Exercise requirements: Below are some records. Pull every line that contains the word "List".

[Working data]

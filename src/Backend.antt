-- ===== src/Backend.antt =====
-- `Backend = Tuple[str, int]` of router.py and connection.py: a host, as code points, and a port.
use native.Mathlib.Decide.{ℕ_discrete}
use l7_load_balancer.Prelude.{ℕ, List, [], ◌∷◌, Bool, true, false, ltb, if◌then◌else◌, leb_ℤ, ℤ}

pub record Backend : Type 0 where
  pub host : List ℕ
  pub port : ℤ

-- Equality of the tuples.
unfoldable pub Backend-discrete : Discrete Backend
unfolding ℕ_discrete
Backend-discrete = hlevel ℕ_discrete

-- `a <= b` on strings and on ports, the last parts of a tuple that Python compares.
host_leb : List ℕ → List ℕ → Bool → Bool
host_leb [] [] ports = ports
host_leb [] (y ∷ ys) ports = true
host_leb (x ∷ xs) [] ports = false
host_leb (x ∷ xs) (y ∷ ys) ports =
    if ltb x y then true else if ltb y x then false else host_leb xs ys ports

unfoldable pub backend_leb : Backend → Backend → Bool
unfolding host_leb
backend_leb a b = host_leb a.host b.host (leb_ℤ a.port b.port)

[/Working data]

Answer below:
use l7_load_balancer.Prelude.{ℕ, List, [], ◌∷◌, Bool, true, false, ltb, if◌then◌else◌, leb_ℤ, ℤ}
  pub host : List ℕ
host_leb : List ℕ → List ℕ → Bool → Bool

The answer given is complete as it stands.